# Metal-frame 9mm recommendations



## clockworkjon

Interested in a 9mm, and I've read up on plenty of polymer guns, God knows there's no shortage of them out there. However, I only know of a couple companies that make steel-frame guns like Beretta and CZ, and some 1911's that come in 9mm. I'm sure there's more. I don't have a preference either way at this point. Any recommendations? Thanks!


----------



## cougartex

Stoeger Cougar. Stoeger Industries is a subsidiary of Beretta. The Stoeger Cougars are made in Turkey using the same machinery that Beretta used to make the original Cougars. It is every bit the quality of the Beretta. The Stoeger 8000 in 9mm is identical to the Beretta Cougar L Type P (Cougar L slide, lighter barrel and beveled slide, but with a full-length magazine). The Cougar is a great gun for the money.


----------



## Overkill0084

Beratta M9 & varients/copies. Sig has a few. Colt has a compact 1911 variant in 9mm, as does Springfiled Armory (EMP). Rock Island has another 1911 9mm as well, they seem to be pretty nicely done for the cash. EAA witness (CZ clone), Baby eagle (CZ... Cousin?) 

After being in a similar situation to yours a bit over a month ago, I ended up with a CZ 75BD. At it's price point, it's hard to beat. Accurate, reliable, and comfortable. Your going to spend quite a bit more to equal or better it. I understand the 9mm EAAs are pretty good. YMMV.


----------



## clockworkjon

Thanks for the replies so far. I'm not very familiar with either CZ or Stoeger, but I do see the names pop up on forums quite often.

On a side note, is it pronounced "Cee-Zee" or "Czech"?

*EDIT:* WTF? Except for the CZ-USA website I can't find the CZ 75BD anywhere! The only one I've found is the 10-rnd CA model. Any suggestions? Thanks!


----------



## recoilguy

The 75 DB has a decocker If this is your first gun the 75 B is a Classic and pretty readily available. It is a beauty and has a thumb saftey on it rather then a decocker. You will love that gun. I just, 30 minutes ago, was shopping for my wifes Christmas present, I bought myself a new CZ PCR, the compact version of the gun. I now have ,,,,well plenty of CZ's Pronounced See Zee. 

The P-01 is a great gun too You can't go wrong with any of the CZ's. My first CZ was a P-01 then the 75B then a couple others and then the one I got today. CZ isnt the only brand I own but it is the one I recomend to folks. You will be satisfied with the 75 B if it fits your hand It is egonomic and dealy accurate. Once you get better wit the 75B it can be customized and the same gun can be twaeked into a competition caliber weapon. It is versiatle and reliable and not too much $$$$$$.

The Stoegar is a good gun too, I may own one oneday myself. Good luck with your new weapon enjoy it and be safe.

RCG


----------



## Overkill0084

clockworkjon said:


> Thanks for the replies so far.

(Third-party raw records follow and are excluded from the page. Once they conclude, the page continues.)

-- ===== src/ImapWire/Reader/Wire.antt =====
-- Responses on the wire: lines that end at CRLF, and literals after the lines that announce them.
use crypt_mail.Prelude.{
  ℕ, suc, ◌+◌, ◌≡◌, refl, ap, ◌∙◌, inl, inr, false, ◌&&◌, Option, none, some, List, [], ◌∷◌, ◌++◌,
  arith, ◌==◌, Bool-cases, length, take, All, Text,
}
use crypt_mail.ImapWire.{ResponsePart, line, bytes}
use crypt_mail.ImapWire.Reader.{drop, next_index, index_of_crlf, literal_size}

-- A line that announces a literal, with its bytes.
pub record Segment : Type 0 where
  pub head : Text
  pub literal : List ℕ

-- A response: what has literals, and the line at its end.
pub record Frame : Type 0 where
  pub segments : List Segment
  pub last : Text

abbrev pub on_wire : List Segment → Text → List ℕ → List ℕ
on_wire [] last rest = last ++ 13 ∷ 10 ∷ rest
on_wire (segment ∷ segments) last rest =
    segment.head ++ 13 ∷ 10 ∷ (segment.literal ++ on_wire segments last rest)

abbrev pub parts_of : List Segment → Text → List ResponsePart
parts_of [] last = line last ∷ []
parts_of (segment ∷ segments) last =
    line segment.head ∷ bytes segment.literal ∷ parts_of segments last

abbrev pub wire : List Frame → List ℕ
wire [] = []
wire (frame ∷ frames) = on_wire frame.segments frame.last (wire frames)

-- No line has a CRLF in it; a line announces the length of the literal after it, and the last one none.
abbrev pub IsSegment : Segment → Type 0
IsSegment segment =
    (index_of_crlf segment.head ≡ none)
    × (literal_size segment.head ≡ some (length segment.literal))

abbrev pub IsFrame : Frame → Type 0
IsFrame frame =
    All IsSegment frame.segments
    × (index_of_crlf frame.last ≡ none)
    × (literal_size frame.last ≡ none)

pub next_index-none : (o : Option ℕ) → next_index o ≡ none → o ≡ none
next_index-none none h = refl
next_index-none (some n) h = absurd (cc h)

pub index_of_crlf-line :
    (l : Text) (rest : List ℕ)
    → index_of_crlf l ≡ none
    → index_of_crlf (l ++ 13 ∷ 10 ∷ rest) ≡ some (length l)
unfolding index_of_crlf
index_of_crlf-line [] rest h = refl
index_of_crlf-line (x ∷ []) rest h =
    let apart : (x == 13 && 13 == 10) ≡ false = ground arith in simp apart refl
index_of_crlf-line (x ∷ y ∷ l) rest h = elim (Bool-cases (x == 13 && y == 10)) [
  | inl e ↦ absurd (cc (simp e at h))
  | inr n ↦ simp n (
      ap next_index
        (index_of_crlf-line (y ∷ l) rest (next_index-none (index_of_crlf (y ∷ l)) (simp n at h))))
]

-- Exactly what stands in front is taken.
pub take_front : (l rest : List ℕ) → take (length l) (l ++ rest) ≡ l
take_front [] rest = take_none rest
  where
    take_none : (rest : List ℕ) → take 0 rest ≡ []
    take_none rest = refl
take_front (x ∷ l) rest = ap (λ t. x ∷ t) (take_front l rest)

pub drop_front : (l rest : List ℕ) → drop (length l) (l ++ rest) ≡ rest
drop_front [] rest = refl
drop_front (x ∷ l) rest = drop_front l rest

pub drop_line : (l rest : List ℕ) → drop (length l + 2) (l ++ 13 ∷ 10 ∷ rest) ≡ rest
drop_line [] rest = refl
drop_line (x ∷ l) rest =
    let longer : suc (length l) + 2 ≡ suc (length l + 2) = omega arith in
    ap (λ n. drop n (x ∷ (l ++ 13 ∷ 10 ∷ rest))) longer ∙ drop_line l rest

I'm not very familiar with either CZ or Stoeger, but I do see the names pop up on forums quite often.
> 
> On a side note, is it pronounced "Cee-Zee" or "Czech"?
> 
> *EDIT:* WTF? Except for the CZ-USA website I can't find the CZ 75BD anywhere! The only one I've found is the 10-rnd CA model. Any suggestions? Thanks!

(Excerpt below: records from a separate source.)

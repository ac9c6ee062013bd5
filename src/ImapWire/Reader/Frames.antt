-- ===== src/ImapWire/Reader/Frames.antt =====
-- What a server sends is read as it was meant.
use crypt_mail.Prelude.{
  ℕ, zero, suc, ◌+◌, ◌≤◌, ◌≡◌, refl, ap, ◌∙◌, false, none, List, [], ◌∷◌, ◌++◌, arith, ltb, length,
  All, length-append, append_assoc, Text, Locale,
}
use crypt_mail.ImapWire.{ResponsePart, line, bytes}
use crypt_mail.ImapWire.Responses.{ImapResponse, parse_response}
use crypt_mail.ImapWire.Reader.{
  index_of_crlf, literal_size, ResponseReader, new_reader, literal_round, line_round, round_at,
  round, and_response, after_round, drain, push, continue, done,
}
use crypt_mail.ImapWire.Reader.Rounds.{round-continue, round-done, round_empty}
use crypt_mail.ImapWire.Reader.Chunks.{
  drain_break, drain_enough, push_each, all_bytes, push_each-all_bytes,
}
use crypt_mail.ImapWire.Reader.Wire.{
  Segment, Frame, on_wire, parts_of, wire, IsSegment, IsFrame, index_of_crlf-line, take_front,
  drop_front, drop_line,
}

module _ (loc : Locale) where
  -- The whole literal is there.
  literal_round_whole :
      (segment : Segment) (rest : List ℕ) (parts : List ResponsePart)
      → literal_round loc
          (record { queue = segment.head ++ 13 ∷ 10 ∷ (segment.literal ++ rest); parts = parts })
          (length segment.head)
          (length segment.literal)
        ≡ continue (record {
          queue = rest;
          parts = parts ++ line segment.head ∷ bytes segment.literal ∷ [];
        })
  literal_round_whole segment rest parts =
      let after = segment.literal ++ rest in
      let there : ltb (length (segment.head ++ 13 ∷ 10 ∷ after))
            (length segment.head + 2 + length segment.literal)
          ≡ false =
        ground (
          arith,
          length-append segment.head (13 ∷ 10 ∷ after),
          length-append segment.literal rest,
        ) in
      simp there (
        rw
          (
            drop_line segment.head after,
            take_front segment.head (13 ∷ 10 ∷ after),
            take_front segment.literal rest,
            drop_front segment.literal rest,
          )
          refl)

  round_segment :
      (segment : Segment) (rest : List ℕ) (parts : List ResponsePart)
      → IsSegment segment
      → round loc
          (record { queue = segment.head ++ 13 ∷ 10 ∷ (segment.literal ++ rest); parts = parts })
        ≡ continue (record {
          queue = rest;
          parts = parts ++ line segment.head ∷ bytes segment.literal ∷ [];
        })
  unfolding round
  round_segment segment rest parts (h, k) =
      let after = segment.literal ++ rest in
      let reader : ResponseReader = record {
        queue = segment.head ++ 13 ∷ 10 ∷ after;
        parts = parts;
      } in
      let eol = length segment.head in
      ap (round_at loc reader) (index_of_crlf-line segment.head after h)
      ∙ ap (λ s. line_round loc reader eol (literal_size s))
          (take_front segment.head (13 ∷ 10 ∷ after))
      ∙ ap (line_round loc reader eol) k
      ∙ literal_round_whole segment rest parts

  round_last :
      (last : Text) (rest : List ℕ) (parts : List ResponsePart)
      → index_of_crlf last ≡ none
      → literal_size last ≡ none
      → round loc (record { queue = last ++ 13 ∷ 10 ∷ rest; parts = parts })
        ≡ done (record { queue = rest; parts = [] }) (parse_response loc (parts ++ line last ∷ []))
  unfolding round
  round_last last rest parts h k =
      let reader : ResponseReader = record { queue = last ++ 13 ∷ 10 ∷ rest; parts = parts } in
      ap (round_at loc reader) (index_of_crlf-line last rest h)
      ∙ ap (λ s. line_round loc reader (length last) (literal_size s))
          (take_front last (13 ∷ 10 ∷ rest))
      ∙ ap (line_round loc reader (length last)) k
      ∙ rw (drop_line last rest, take_front last (13 ∷ 10 ∷ rest)) refl

  -- A round of the loop, whatever number of rounds that is enough.
  drain-continue :
      (fuel : ℕ) (reader next : ResponseReader)
      → length reader.queue ≤ fuel
      → round loc reader ≡ continue next
      → (drain loc fuel reader ≡ drain loc fuel next) × (length next.queue ≤ fuel)
  unfolding drain
  drain-continue zero reader next h e =
      absurd (omega (arith, (round-continue loc reader next [] e).1))
  drain-continue (suc fuel) reader next h e =
      let shorter = (round-continue loc reader next [] e).1 in
      (
        ap (after_round loc (λ n. drain loc fuel n) reader) e
            ∙ drain_enough loc fuel (suc fuel) next (omega arith) (omega arith),
        omega arith,
      )

  drain-done :
      (fuel : ℕ) (reader next : ResponseReader) (response : ImapResponse)
      → length reader.queue ≤ fuel
      → round loc reader ≡ done next response
      → (drain loc fuel reader ≡ and_response loc response (drain loc fuel next))
        × (length next.queue ≤ fuel)
  unfolding drain
  drain-done zero reader next response h e =
      absurd (omega (arith, (round-done loc reader next response [] e).1))
  drain-done (suc fuel) reader next response h e =
      let shorter = (round-done loc reader next response [] e).1 in
      (
        ap (after_round loc (λ n. drain loc fuel n) reader) e
            ∙ ap (and_response loc response)
                (drain_enough loc fuel (suc fuel) next (omega arith) (omega arith)),
        omega arith,
      )

  drain_frame :
      (fuel : ℕ) (segments : List Segment) (last : Text) (rest : List ℕ) (parts : List ResponsePart)
      → All IsSegment segments
      → index_of_crlf last ≡ none
      → literal_size last ≡ none
      → length (on_wire segments last rest) ≤ fuel
      → (drain loc fuel (record { queue = on_wire segments last rest; parts = parts })
          ≡ and_response loc
              (parse_response loc (parts ++ parts_of segments last))
              (drain loc fuel (record { queue = rest; parts = [] })))
        × (length rest ≤ fuel)
  drain_frame fuel [] last rest parts h k l enough =
      drain-done fuel (record { queue = last ++ 13 ∷ 10 ∷ rest; parts = parts })
        (record { queue = rest; parts = [] }) (parse_response loc (parts ++ line last ∷ [])) enough
        (round_last last rest parts k l)
  drain_frame fuel (segment ∷ segments) last rest parts (h, hs) k l enough =
      let here = parts ++ line segment.head ∷ bytes segment.literal ∷ [] in
      let later = on_wire segments last rest in
      let (one, fits) =
        drain-continue fuel
          (record { queue = on_wire (segment ∷ segments) last rest; parts = parts })
          (record { queue = later; parts = here }) enough (round_segment segment later parts h) in
      let (others, ends) = drain_frame fuel segments last rest here hs k l fits in
      (
        one
            ∙ others
            ∙ ap
                (λ p.
                  and_response loc (parse_response loc p)
                    (drain loc fuel (record { queue = rest; parts = [] })))
                (append_assoc parts (line segment.head ∷ bytes segment.literal ∷ [])
                  (parts_of segments last)),
        ends,
      )

  abbrev pub responses_of : List Frame → List ImapResponse
  responses_of [] = []
  responses_of (frame ∷ frames) =
      parse_response loc (parts_of frame.segments frame.last) ∷ responses_of frames

  drain-wire :
      (fuel : ℕ) (frames : List Frame)
      → All IsFrame frames
      → length (wire frames) ≤ fuel
      → drain loc fuel (record { queue = wire frames; parts = [] })
        ≡ record { reader = new_reader; responses = responses_of frames }
  drain-wire fuel [] h enough =
      drain_break loc fuel new_reader (round_empty loc new_reader (omega arith))
  drain-wire fuel (frame ∷ frames) (h, hs) enough =
      let (first, fits) =
        drain_frame fuel frame.segments frame.last (wire frames) [] h.0 h.1 h.2 enough in
      first
      ∙ ap (and_response loc (parse_response loc (parts_of frame.segments frame.last)))
          (drain-wire fuel frames hs fits)

  -- What a server sends is read as it was meant, however the connection cuts it: from the bytes of any
  -- responses, in any chunks, the reader gives exactly those responses, each parsed from its own lines and
  -- literals, and holds nothing back. Each line has no CRLF in it, a line before a literal announces its
  -- length, and the line at the end of a response announces none.
  pub push_each-wire :
      (frames : List Frame) (chunks : List (List ℕ))
      → All IsFrame frames
      → all_bytes chunks ≡ wire frames
      → push_each loc new_reader chunks
        ≡ record { reader = new_reader; responses = responses_of frames }
  unfolding push
  push_each-wire frames chunks h same =
      push_each-all_bytes loc chunks
      ∙ ap (push loc new_reader) same
      ∙ drain-wire (length (wire frames)) frames h (omega arith)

I only bought the 75BD because the shop where I bought it was out of the black 75Bs. I took the pass on the Stainless version. Stainless looks nice, but it doesn't make it any more accurate, and the extra co$t was a bit much, IMHO. They had no idea how long it would take to get more so I went with what they had in stock. I had made my choice & by golly, I wanted my CZ then, not weeks later. The difference doesn't seem very significant. Now I just need a Kadet kit for it.


----------



## clockworkjon

Second gun, first "real" gun. Just picked up a Browning Buckmark a month ago. As to the CZ75BD, aren't de-cockers a good thing? The only other way I know to de-cock a hammer-fired gun is to squeeze the trigger and slowly let the hammer down. Maybe I'm just a noob, but that just doesn't seem safe. I'm pretty sure Beretta 92s come standard with a de-cocker. Education please!


----------



## dogknott

Speaking of being built on the same machines Beretta used to be made on, how about Taurus?
Not real familiar with them, but don't they have the decocker also?


----------



## cougartex

Stoeger Information -

http://www.stoegerindustries.com/firearms/stoeger_cougar.php


----------



## Overkill0084

clockworkjon said:


> Second gun, first "real" gun. Just picked up a Browning Buckmark a month ago. As to the CZ75BD, aren't de-cockers a good thing? The only other way I know to de-cock a hammer-fired gun is to squeeze the trigger and slowly let the hammer down. Maybe I'm just a noob, but that just doesn't seem safe. I'm pretty sure Beretta 92s come standard with a de-cocker. Education please!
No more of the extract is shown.